Modelos diferentes, riscos diferentes
O mercado de robotáxis promete transformar o transporte urbano ao combinar direção autônoma, menor dependência de motoristas e potencial de operação escalável. A questão que surge é: qual empresa está melhor preparada para atravessar a burocracia, as permissões locais e a responsabilidade em caso de acidente?

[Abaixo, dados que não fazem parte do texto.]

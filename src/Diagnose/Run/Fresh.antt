-- ===== src/Diagnose/Run/Fresh.antt =====
-- What the symptoms of each detector have in common.
use cute_pcap_mcp.Base.{
  Bool, true, false, List, [], ◌∷◌, Option, some, ◌≡◌, refl, sym, inl, inr, All,
}
use mathlib.Core.Path.{subst}
use cute_pcap_mcp.Diagnose.{
  FlowGroup, Scope, Symptom, SymptomCode, Confidence, low, tls_on_plain_port, rst_after_synack,
  monitor_probe_rst, asymmetric_path, Flow,
}
use cute_pcap_mcp.Diagnose.Windows.Laws.{All-prepend}
use cute_pcap_mcp.Diagnose.Windows.Unique.{
  IsStrict, packet_numbers-AreNumbers, unique_ints-IsStrict,
}
use cute_pcap_mcp.Diagnose.Tls.{detect_tls, tls_symptom, responder, find_response}
use cute_pcap_mcp.Diagnose.Windows.{packets_between}
use cute_pcap_mcp.Diagnose.Tls.Laws.{detect_tls-some}
use cute_pcap_mcp.Diagnose.Resets.{
  detect_reset, reset_symptom, handshake, no_handshake, silent_reset, app_bytes, no_bytes,
}
use cute_pcap_mcp.Diagnose.Resets.Silence.{decide_reset-some, if_silent-some}
use cute_pcap_mcp.Diagnose.Probes.{
  ProbeGroup, Probes, probe_symptom, judge, judge_all, detect_probes, collect_probes,
}
use cute_pcap_mcp.Diagnose.Probes.Laws.{judge-some}
use cute_pcap_mcp.Diagnose.Paths.{judge_path, detect_paths, unanswered, answered_elsewhere}
use cute_pcap_mcp.Diagnose.Paths.Laws.{judge_path-some}

abbrev pub is_low : Confidence → Bool
is_low low = true
is_low _ = false

-- A symptom with the code `c`, not yet downgraded, that names a flow and ascending packets.
pub record IsFresh (c : SymptomCode) (s : Symptom) : Type 0 where
  pub code : s.code ≡ c
  pub confident : is_low s.confidence ≡ false
  pub names_flow : (flow : Flow) × (s.evidence.flow ≡ some flow)
  pub ascending : IsStrict s.evidence.packet_numbers

pub detect_tls-IsFresh :
    (g : FlowGroup) (s : Symptom) → detect_tls g ≡ some s → IsFresh tls_on_plain_port s
unfolding tls_symptom
detect_tls-IsFresh g s e =
    let (hello, why, same) = detect_tls-some g s e in
    subst (IsFresh tls_on_plain_port) (sym same) (record {
      code = refl;
      confident = refl;
      names_flow = (g.flow, refl);
      ascending =
          (packet_numbers-AreNumbers (
            packets_between g.packets hello
              (responder (find_response g.flow hello g.packets)))).strict;
    })

pub detect_reset-IsFresh :
    (g : FlowGroup) (s : Symptom) → detect_reset g ≡ some s → IsFresh rst_after_synack s
unfolding detect_reset silent_reset reset_symptom
detect_reset-IsFresh g s e =
    let h = handshake g.flow no_handshake g.packets in
    let (p, q, r, t, a, b, c, d, z) = decide_reset-some g h.syn h.synack h.ack h.rst s e in
    let (silent, same) = if_silent-some g p r t (app_bytes g.flow r t no_bytes g.packets) s z in
    subst (IsFresh rst_after_synack) (sym same) (record {
      code = refl;
      confident = refl;
      names_flow = (g.flow, refl);
      ascending = (packet_numbers-AreNumbers (packets_between g.packets p (some t))).strict;
    })

judge-IsFresh : (e : ProbeGroup) (s : Symptom) → judge e ≡ some s → IsFresh monitor_probe_rst s
unfolding probe_symptom
judge-IsFresh e s h =
    let (enough, mostly, cadence, same) = judge-some e s h in
    subst (IsFresh monitor_probe_rst) (sym same) (record {
      code = refl;
      confident = refl;
      names_flow = (e.flow, refl);
      ascending = unique_ints-IsStrict e.packet_nums;
    })

judge_all-IsFresh : (m : Probes) → All (IsFresh monitor_probe_rst) (judge_all m)
unfolding judge_all
judge_all-IsFresh [] = tt
judge_all-IsFresh ((k, e) ∷ m) =
    All-prepend (IsFresh monitor_probe_rst) (judge e) (judge_all m) (judge-IsFresh e)
      (judge_all-IsFresh m)

pub detect_probes-IsFresh :
    (order : Probes → Probes) (gs : List FlowGroup) (scope : Option Scope)
    → All (IsFresh monitor_probe_rst) (detect_probes order gs scope)
unfolding detect_probes
detect_probes-IsFresh order gs scope = judge_all-IsFresh (order (collect_probes scope [] gs))

judge_path-IsFresh :
    (scope : Option Scope) (g : FlowGroup) (s : Symptom)
    → judge_path scope g ≡ some s
    → IsFresh asymmetric_path s
unfolding unanswered answered_elsewhere
judge_path-IsFresh scope g s e =
    let (syn, labelled, why) = judge_path-some scope g s e in
    elim why [
      | inl (silent, same) ↦ subst (IsFresh asymmetric_path) (sym same) (record {
        code = refl;
        confident = refl;
        names_flow = (g.flow, refl);
        ascending = (packet_numbers-AreNumbers (syn ∷ [])).strict;
      })
      | inr (reply, first, same) ↦ subst (IsFresh asymmetric_path) (sym same) (record {
        code = refl;
        confident = refl;
        names_flow = (g.flow, refl);
        ascending = (packet_numbers-AreNumbers (packets_between g.packets syn (some reply))).strict;
      })
    ]

pub detect_paths-IsFresh :
    (gs : List FlowGroup) (scope : Option Scope)
    → All (IsFresh asymmetric_path) (detect_paths gs scope)
unfolding detect_paths
detect_paths-IsFresh [] scope = tt
detect_paths-IsFresh (g ∷ gs) scope =
    All-prepend (IsFresh asymmetric_path) (judge_path scope g) (detect_paths gs scope)
      (judge_path-IsFresh scope g) (detect_paths-IsFresh gs scope)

A Tesla adotou uma estratégia ambiciosa, desenvolvendo e pretendendo operar um veículo próprio, criado especificamente para a condução autônoma. A Waymo, controlada pela Alphabet (GOOGL, na bolsa americana), segue uma trajetória mais incremental, com permissões locais, operadores de segurança e lançamentos graduais por cidade. Já a Uber (UBER) reduz parte da exposição ao estabelecer parcerias com desenvolvedores de tecnologia autônoma, em vez de fabricar e certificar sozinha o hardware.
Esses modelos não eliminam riscos, mas distribuem a dependência regulatória de maneiras distintas. Um desenho específico pode oferecer ganhos de eficiência, caso seja aprovado e utilizado em escala. Por outro lado, a expansão também depende de infraestrutura digital, seguros, responsabilidade civil, aceitação dos passageiros e normas estaduais e municipais.